------ RECORDS PROVIDED ------

-- ===== src/Reconciler/Orphans/Settled.antt =====
-- What a sweep leaves running (src/modules/reconciler/commands/sweep-orphan-chunks-command.ts).
use mathlib.Core.Path.{subst}
use promotion_management_api.Base.{
  ℕ, ◌≡◌, ◌⊎◌, refl, sym, inl, inr, Bool, true, false, ◌&&◌, ◌||◌, List, [], ◌∷◌, arith, ◌==◌, ltb,
  filterb, any, all, length, All, All-imp, Bool-cases,
}
use promotion_management_api.Base.Rows.{update, In, here, later, All-of_In}
use promotion_management_api.Base.Members.{In-map, In-sort_by}
use promotion_management_api.Base.Rows.{In-filterb}
use promotion_management_api.Ingestion.JobStatus.{IngestionStatus, is_running_job}
use promotion_management_api.Ingestion.Repository.Tables.{is_done, is_failed, Chunk, Job, Store}
use promotion_management_api.Ingestion.Repository.Jobs.{
  chunks_of, counted, failed_with, is_complete, is_exhausted, complete_job_if_done,
  fail_job_if_exhausted,
}
use promotion_management_api.Reconciler.Orphans.{
  OrphanChunk, running_job_ids, is_running_row, settle, settle_all, sweep_orphans,
}

abbrev pub is_at_rest : Chunk → Bool
is_at_rest c = is_done c.status || is_failed c.status

-- A job that is not running, or that has a chunk that is neither done nor given up.
abbrev pub IsWorkable : List Chunk → Job → Type 0
IsWorkable chunks j =
    (is_running_job j.status ≡ false) ⊎ (all is_at_rest (chunks_of j.id chunks) ≡ false)

-- A row of the job whose chunks are not all done, where it still runs.
abbrev pub IsIncomplete : List Chunk → ℕ → Job → Type 0
IsIncomplete chunks job_id j =
    (j.id ≡ job_id)
    × ((is_running_job j.status ≡ false)
        ⊎ (all (λ (c : Chunk). is_done c.status) (chunks_of job_id chunks) ≡ false))

All-update :
    (P Q : Job → Type 0) (matches : Job → Bool) (set : Job → Job) (rows : List Job)
    → ((j : Job) → matches j ≡ true → Q (set j))
    → ((j : Job) → matches j ≡ false → P j → Q j)
    → All P rows
    → All Q (update matches set rows)
All-update P Q matches set [] f g h = tt
All-update P Q matches set (j ∷ rows) f g (p, h) = elim (Bool-cases (matches j)) [
  | inl e ↦ rw e (f j e, All-update P Q matches set rows f g h)
  | inr e ↦ rw e (g j e p, All-update P Q matches set rows f g h)
]

over_but_not_failed :
    (chunks : List Chunk)
    → all is_at_rest chunks ≡ true
    → any (λ (c : Chunk). is_failed c.status) chunks ≡ false
    → all (λ (c : Chunk). is_done c.status) chunks ≡ true
over_but_not_failed [] h k = refl
over_but_not_failed (c ∷ chunks) h k =
    let (one, rest) = all_parts h in
    let (clear, others) = any_parts k in
    join (is_done c.status) (is_failed c.status) one clear (over_but_not_failed chunks rest others)
  where
    all_parts : {a b : Bool} → (a && b) ≡ true → (a ≡ true) × (b ≡ true)
    all_parts h = ground arith

    any_parts : {a b : Bool} → (a || b) ≡ false → (a ≡ false) × (b ≡ false)
    any_parts h = ground arith

    join : (a b : Bool) {c : Bool} → (a || b) ≡ true → b ≡ false → c ≡ true → (a && c) ≡ true
    join a b h k l = ground arith

none_complete :
    (job_id : ℕ) (store : Store) (jobs : List Job)
    → all (λ (c : Chunk). is_done c.status) (chunks_of job_id store.chunks) ≡ false
    → filterb (is_complete job_id store) jobs ≡ []
none_complete job_id store [] h = refl
none_complete job_id store (j ∷ jobs) h =
    rw (unmatched (j.id == job_id) (is_running_job j.status) h) (none_complete job_id store jobs h)
  where
    unmatched : (a b : Bool) {c : Bool} → c ≡ false → (a && b && c) ≡ false
    unmatched a b h = ground arith

or_rest : (a b c : Bool) → (a && b && c) ≡ false → a ≡ true → (b ≡ false) ⊎ (c ≡ false)
or_rest a b c h k = elim (Bool-cases b) [ inl e ↦ inr (ground arith) | inr e ↦ inl e ]

or_both :
    (a b c d : Bool)
    → (a && b && c && d) ≡ false
    → a ≡ true
    → (b ≡ false) ⊎ ((c ≡ false) ⊎ (d ≡ false))
or_both a b c d h k = elim (Bool-cases b) [
  | inl e ↦ inr (elim (Bool-cases c) [ inl f ↦ inr (ground arith) | inr f ↦ inl f ])
  | inr e ↦ inl e
]

-- One pass of the loop, for a job that still has to be looked at, and `rest` behind it.
module _ (job_id : ℕ) (store : Store) (rest : List ℕ) where
  abbrev Before : Job → Type 0
  Before j = IsWorkable store.chunks j ⊎ In j.id (job_id ∷ rest)

  abbrev After : Job → Type 0
  After j = IsWorkable store.chunks j ⊎ In j.id rest

  abbrev Between : Job → Type 0
  Between j = After j ⊎ IsIncomplete store.chunks job_id j

  is_job : (j : Job) → j.id ≡ job_id → (j.id == job_id) ≡ true
  is_job j e = ground arith

  not_complete : (j : Job) → is_complete job_id store j ≡ false → Before j → Between j
  not_complete j h (inl w) = inl (inl w)
  not_complete j h (inr (later m)) = inl (inr m)
  not_complete j h (inr (here e)) = inr (e, or_rest _ _ _ h (is_job j e))

  not_exhausted : (j : Job) → is_exhausted job_id store j ≡ false → Between j → After j
  not_exhausted j h (inl a) = a
  not_exhausted j h (inr (e, inl i)) = inl (inl i)
  not_exhausted j h (inr (e, inr i)) = elim (or_both _ _ _ _ h (is_job j e)) [
    | inl k ↦ inl (inl k)
    | inr k ↦ elim k [
      | inl l ↦ inl (inr (rw e l))
      | inr l ↦ elim (Bool-cases (all is_at_rest (chunks_of job_id store.chunks))) [
        | inl m ↦ cc (i, over_but_not_failed (chunks_of job_id store.chunks) m l)
        | inr m ↦ inl (inr (rw e m))
      ]
    ]
  ]

  -- After a completion no row of the job is incomplete.
  completed :
      (length (filterb (is_complete job_id store) store.jobs) == 1) ≡ true
      → (j : Job) → Between j
      → After j
  completed h j (inl a) = a
  completed h j (inr (e, inl i)) = inl (inl i)
  completed h j (inr (e, inr i)) = cc (rw (none_complete job_id store store.jobs i) at h)

  pub settle-jobs : All Before store.jobs → All After (settle job_id store).0.jobs
  unfolding settle complete_job_if_done fail_job_if_exhausted
  settle-jobs h =
      let between =
        All-update Before Between (is_complete job_id store)
          (counted IngestionStatus.completed store.chunks) store.jobs (λ j m. inl (inl (inl refl)))
          not_complete h in
      elim (Bool-cases (length (filterb (is_complete job_id store) store.jobs) == 1)) [
        | inl e ↦ rw e (All-imp _ (completed e) between)
        | inr e ↦ rw e (
            All-update Between After (is_exhausted job_id store) (failed_with store.chunks) _
              (λ j m. inl (inl refl)) not_exhausted between)
      ]

  pub settle-chunks : (settle job_id store).0.chunks ≡ store.chunks
  unfolding settle complete_job_if_done fail_job_if_exhausted
  settle-chunks = elim (Bool-cases (length (filterb (is_complete job_id store) store.jobs) == 1)) [
    | inl e ↦ rw e refl
    | inr e ↦ rw e refl
  ]

settle_all-IsWorkable :
    (job_ids : List ℕ) (store : Store)
    → All (λ (j : Job). IsWorkable store.chunks j ⊎ In j.id job_ids) store.jobs
    → All
        (λ (j : Job). IsWorkable (settle_all job_ids store).0.chunks j)
        (settle_all job_ids store).0.jobs
unfolding settle_all
settle_all-IsWorkable [] store h = All-imp store.jobs (λ j k. workable j k) h
  where
    workable : (j : Job) → IsWorkable store.chunks j ⊎ In j.id [] → IsWorkable store.chunks j
    workable j (inl w) = w
    workable j (inr m) = elim m [ ]
settle_all-IsWorkable (job_id ∷ job_ids) store h =
    settle_all-IsWorkable job_ids (settle job_id store).0 (
      subst
        (λ (chunks : List Chunk).
          All (λ (j : Job). IsWorkable chunks j ⊎ In j.id job_ids) (settle job_id store).0.jobs)
        (sym (settle-chunks job_id store job_ids)) (settle-jobs job_id store job_ids h))

running_row :
    (store : Store) (j : Job)
    → In j store.jobs
    → IsWorkable store.chunks j ⊎ In j.id (running_job_ids store)
unfolding running_job_ids
running_row store j m = elim (Bool-cases (is_running_job j.status)) [
  | inl e ↦ inr (
      In-map (λ (i : Job). i.id) _
        ((In-sort_by (λ (i k : Job). ltb i.id k.id) _).1
          (In-filterb is_running_row store.jobs m e)))
  | inr e ↦ inl (inl e)
]

-- After a sweep every job that still runs has a chunk that is neither done nor given up: no job is
-- left running by work that is finished or can never be done.
pub sweep_orphans-IsWorkable :
    (accepts : OrphanChunk → Bool) (touched : ℕ → ℕ) (grace_ms now : ℕ) (store : Store)
    → All
        (IsWorkable (sweep_orphans accepts touched grace_ms now store).store.chunks)
        (sweep_orphans accepts touched grace_ms now store).store.jobs
unfolding sweep_orphans
sweep_orphans-IsWorkable accepts touched grace_ms now store =
    settle_all-IsWorkable (running_job_ids store) store
      (All-of_In _ store.jobs (λ j m. running_row store j m))
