-- ===== src/Reconciler/Orphans/Tests.antt =====
-- The orphan sweep at an import whose one open chunk has an expired lease.
use promotion_management_api.Base.{ℕ, Bool, true, ◌≡◌, refl, some, none, [], ◌∷◌, arith, All}
use promotion_management_api.Base.Texts.{codes}
use promotion_management_api.Base.Rows.{here}
use promotion_management_api.Base.Sort.{sort_by}
use promotion_management_api.Ingestion.JobStatus.{IngestionStatus}
use promotion_management_api.Ingestion.Repository.Tables.{Chunk, Job, Store, running, done}
use promotion_management_api.Ingestion.Repository.Chunks.{claim_chunk}
use promotion_management_api.Reconciler.Orphans.{
  OrphanChunk, orphaned, is_orphan, is_stalled, is_free, sweep_orphans,
}
use promotion_management_api.Reconciler.Orphans.Claimable.{orphaned-claim_chunk}
use promotion_management_api.Reconciler.Orphans.Settled.{IsWorkable, sweep_orphans-IsWorkable}

abbrev whole : Chunk
whole = record {
  job_id = 1;
  chunk_index = 0;
  start_offset = 0;
  end_offset = 100;
  next_offset = 100;
  lease_until = none;
  attempts = 1;
  failures = 0;
  rows_processed = 5;
  rows_rejected = 0;
  status = done;
  last_error = none;
}

abbrev abandoned : Chunk
abandoned = record whole {
  chunk_index = 1;
  start_offset = 100;
  end_offset = 200;
  lease_until = some 2000;
  rows_processed = 0;
  status = running;
}

abbrev job : Job
job = record {
  id = 1;
  vendor = codes "acme";
  file_ref = codes "acme.csv";
  file_sha256 = codes "00";
  file_size_bytes = 200;
  chunks_total = 2;
  chunks_done = 0;
  rows_processed = 0;
  rows_rejected = 0;
  status = IngestionStatus.running;
  last_error = none;
}

abbrev finished_job : Job
finished_job = record job { id = 2; vendor = codes "other" }

abbrev store : Store
store = record {
  chunks = whole ∷ abandoned ∷ record whole { job_id = 2 } ∷ [];
  jobs = job ∷ finished_job ∷ [];
  next_job_id = 3;
}

abbrev touched : ℕ → ℕ
touched job_id = 1000

abbrev orphan : OrphanChunk
orphan = record { job_id = 1; chunk_index = 1 }

orphan_found : orphaned touched 1 5000 store ≡ orphan ∷ []
unfolding orphaned is_orphan is_stalled is_free sort_by
orphan_found = refl

orphaned-claim_chunk_example :
    (c : Chunk) × (c.job_id ≡ 1)
    × (c.chunk_index ≡ 1)
    × ((claim_chunk 1 1 90000 6000 store).1 ≡ some c)
orphaned-claim_chunk_example =
    orphaned-claim_chunk touched 1 5000 6000 90000 store orphan (omega arith)
      (rw orphan_found (here refl))

abbrev accepts : OrphanChunk → Bool
accepts o = true

sweep_orphans-IsWorkable_example :
    All
      (IsWorkable (sweep_orphans accepts touched 1 5000 store).store.chunks)
      (sweep_orphans accepts touched 1 5000 store).store.jobs
sweep_orphans-IsWorkable_example = sweep_orphans-IsWorkable accepts touched 1 5000 store
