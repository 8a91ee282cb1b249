-- ===== src/Storefront.antt =====
-- The storefront module: the read model in Redis, what writes it and what reads it.
pub mod ProductPricer
pub mod StoredProduct
pub mod ProductSource
pub mod WriteRepository
pub mod ProductUpserted
pub mod Rebuild
pub mod PromotionChanged
pub mod ProductReads
pub mod ListProductsInput
pub mod ListProducts
mod Tests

------

EXERCISE DIRECTIONS: Search the records for the word "abandoned" and copy out every line that holds it.

TASK OUTPUT:
abbrev abandoned : Chunk
abandoned = record whole {
  chunks = whole ∷ abandoned ∷ record whole { job_id = 2 } ∷ [];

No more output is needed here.